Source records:
········

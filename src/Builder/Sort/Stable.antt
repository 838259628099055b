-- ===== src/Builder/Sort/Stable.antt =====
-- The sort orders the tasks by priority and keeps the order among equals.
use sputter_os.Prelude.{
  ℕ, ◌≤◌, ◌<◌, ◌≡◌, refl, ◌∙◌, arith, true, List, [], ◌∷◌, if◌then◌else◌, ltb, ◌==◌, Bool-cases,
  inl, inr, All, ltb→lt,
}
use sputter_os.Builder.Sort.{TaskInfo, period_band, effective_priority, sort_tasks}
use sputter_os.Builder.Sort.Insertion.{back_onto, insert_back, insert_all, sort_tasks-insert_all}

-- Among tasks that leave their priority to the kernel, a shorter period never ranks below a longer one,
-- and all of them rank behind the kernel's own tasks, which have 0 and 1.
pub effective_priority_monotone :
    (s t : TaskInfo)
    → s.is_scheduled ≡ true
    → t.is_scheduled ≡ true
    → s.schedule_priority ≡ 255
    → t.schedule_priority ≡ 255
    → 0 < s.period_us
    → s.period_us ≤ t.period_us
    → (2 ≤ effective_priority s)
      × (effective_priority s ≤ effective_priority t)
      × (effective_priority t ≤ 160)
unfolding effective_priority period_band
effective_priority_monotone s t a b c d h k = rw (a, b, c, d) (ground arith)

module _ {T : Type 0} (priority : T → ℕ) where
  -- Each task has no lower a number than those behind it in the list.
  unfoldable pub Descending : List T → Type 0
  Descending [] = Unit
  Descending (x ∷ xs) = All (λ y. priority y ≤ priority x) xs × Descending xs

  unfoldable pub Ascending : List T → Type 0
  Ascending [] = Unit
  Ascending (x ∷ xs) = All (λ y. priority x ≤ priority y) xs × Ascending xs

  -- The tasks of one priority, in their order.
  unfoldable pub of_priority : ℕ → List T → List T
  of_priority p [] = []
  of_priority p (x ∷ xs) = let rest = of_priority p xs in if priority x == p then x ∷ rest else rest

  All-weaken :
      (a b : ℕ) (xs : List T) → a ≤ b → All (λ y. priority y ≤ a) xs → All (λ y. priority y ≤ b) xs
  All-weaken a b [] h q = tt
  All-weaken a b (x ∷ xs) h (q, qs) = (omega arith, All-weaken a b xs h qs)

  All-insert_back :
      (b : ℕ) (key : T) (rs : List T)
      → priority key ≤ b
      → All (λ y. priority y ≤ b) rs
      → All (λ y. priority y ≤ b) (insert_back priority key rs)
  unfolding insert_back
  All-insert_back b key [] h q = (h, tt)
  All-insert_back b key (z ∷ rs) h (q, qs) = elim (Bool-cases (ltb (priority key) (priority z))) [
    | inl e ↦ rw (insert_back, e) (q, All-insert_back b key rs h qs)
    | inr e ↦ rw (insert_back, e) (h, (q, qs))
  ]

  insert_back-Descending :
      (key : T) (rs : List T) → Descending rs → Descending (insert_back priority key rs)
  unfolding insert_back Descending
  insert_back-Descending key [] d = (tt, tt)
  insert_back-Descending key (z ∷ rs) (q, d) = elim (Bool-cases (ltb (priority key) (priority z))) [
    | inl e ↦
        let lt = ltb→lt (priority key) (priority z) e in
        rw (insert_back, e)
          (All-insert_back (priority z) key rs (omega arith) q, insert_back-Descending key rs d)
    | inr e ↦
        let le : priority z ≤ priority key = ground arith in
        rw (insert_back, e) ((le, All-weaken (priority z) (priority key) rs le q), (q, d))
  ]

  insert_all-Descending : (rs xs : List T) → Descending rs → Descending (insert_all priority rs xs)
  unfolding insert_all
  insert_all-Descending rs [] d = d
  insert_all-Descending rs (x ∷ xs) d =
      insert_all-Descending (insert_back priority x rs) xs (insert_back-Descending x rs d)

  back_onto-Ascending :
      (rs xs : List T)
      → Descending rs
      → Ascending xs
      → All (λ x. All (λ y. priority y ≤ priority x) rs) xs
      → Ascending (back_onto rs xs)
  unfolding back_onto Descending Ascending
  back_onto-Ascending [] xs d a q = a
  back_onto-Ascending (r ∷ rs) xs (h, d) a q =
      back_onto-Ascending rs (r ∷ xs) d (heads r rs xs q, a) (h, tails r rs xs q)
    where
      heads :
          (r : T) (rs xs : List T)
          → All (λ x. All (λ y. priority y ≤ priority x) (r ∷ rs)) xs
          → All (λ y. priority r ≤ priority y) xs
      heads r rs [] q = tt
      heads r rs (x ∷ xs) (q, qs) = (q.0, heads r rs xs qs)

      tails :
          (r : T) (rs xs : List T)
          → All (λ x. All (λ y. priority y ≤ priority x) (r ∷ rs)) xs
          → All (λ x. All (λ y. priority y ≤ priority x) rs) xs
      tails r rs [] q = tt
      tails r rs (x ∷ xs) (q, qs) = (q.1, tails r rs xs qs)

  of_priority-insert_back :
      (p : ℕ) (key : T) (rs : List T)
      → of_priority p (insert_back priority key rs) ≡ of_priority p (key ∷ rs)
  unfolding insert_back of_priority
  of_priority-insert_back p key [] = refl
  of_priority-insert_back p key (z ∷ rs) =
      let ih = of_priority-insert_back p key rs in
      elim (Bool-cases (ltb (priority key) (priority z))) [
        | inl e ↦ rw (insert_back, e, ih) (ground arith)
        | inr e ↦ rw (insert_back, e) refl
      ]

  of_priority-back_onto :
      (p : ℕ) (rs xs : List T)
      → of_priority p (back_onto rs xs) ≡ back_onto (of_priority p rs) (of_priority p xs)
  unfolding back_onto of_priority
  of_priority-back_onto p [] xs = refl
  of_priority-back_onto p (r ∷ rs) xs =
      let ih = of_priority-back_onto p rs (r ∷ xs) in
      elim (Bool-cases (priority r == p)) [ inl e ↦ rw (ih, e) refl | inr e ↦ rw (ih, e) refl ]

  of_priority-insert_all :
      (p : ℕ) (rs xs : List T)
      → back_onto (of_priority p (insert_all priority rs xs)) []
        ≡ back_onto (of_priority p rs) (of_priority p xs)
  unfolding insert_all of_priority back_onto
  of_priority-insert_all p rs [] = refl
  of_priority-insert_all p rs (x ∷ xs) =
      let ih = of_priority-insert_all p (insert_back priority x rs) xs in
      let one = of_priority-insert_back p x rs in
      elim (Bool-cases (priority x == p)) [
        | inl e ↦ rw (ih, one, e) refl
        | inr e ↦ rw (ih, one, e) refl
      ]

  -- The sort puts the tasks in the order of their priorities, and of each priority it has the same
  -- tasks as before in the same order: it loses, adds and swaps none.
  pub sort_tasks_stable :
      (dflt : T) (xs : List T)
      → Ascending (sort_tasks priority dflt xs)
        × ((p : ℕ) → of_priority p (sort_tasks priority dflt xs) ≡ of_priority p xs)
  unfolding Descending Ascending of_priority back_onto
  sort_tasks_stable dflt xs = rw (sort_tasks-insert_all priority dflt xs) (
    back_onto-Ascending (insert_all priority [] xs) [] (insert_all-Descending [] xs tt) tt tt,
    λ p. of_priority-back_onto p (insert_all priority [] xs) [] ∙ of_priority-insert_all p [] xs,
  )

········

**Task to carry out**. When you reach the line with "-- The sort orders" in the records above, start writing out lines exactly, and stop once the line with "-- Among tasks" has been written; include nothing else.

**Result for this task**.
-- The sort orders the tasks by priority and keeps the order among equals.
use sputter_os.Prelude.{
  ℕ, ◌≤◌, ◌<◌, ◌≡◌, refl, ◌∙◌, arith, true, List, [], ◌∷◌, if◌then◌else◌, ltb, ◌==◌, Bool-cases,
  inl, inr, All, ltb→lt,
}
use sputter_os.Builder.Sort.{TaskInfo, period_band, effective_priority, sort_tasks}
use sputter_os.Builder.Sort.Insertion.{back_onto, insert_back, insert_all, sort_tasks-insert_all}

-- Among tasks that leave their priority to the kernel, a shorter period never ranks below a longer one,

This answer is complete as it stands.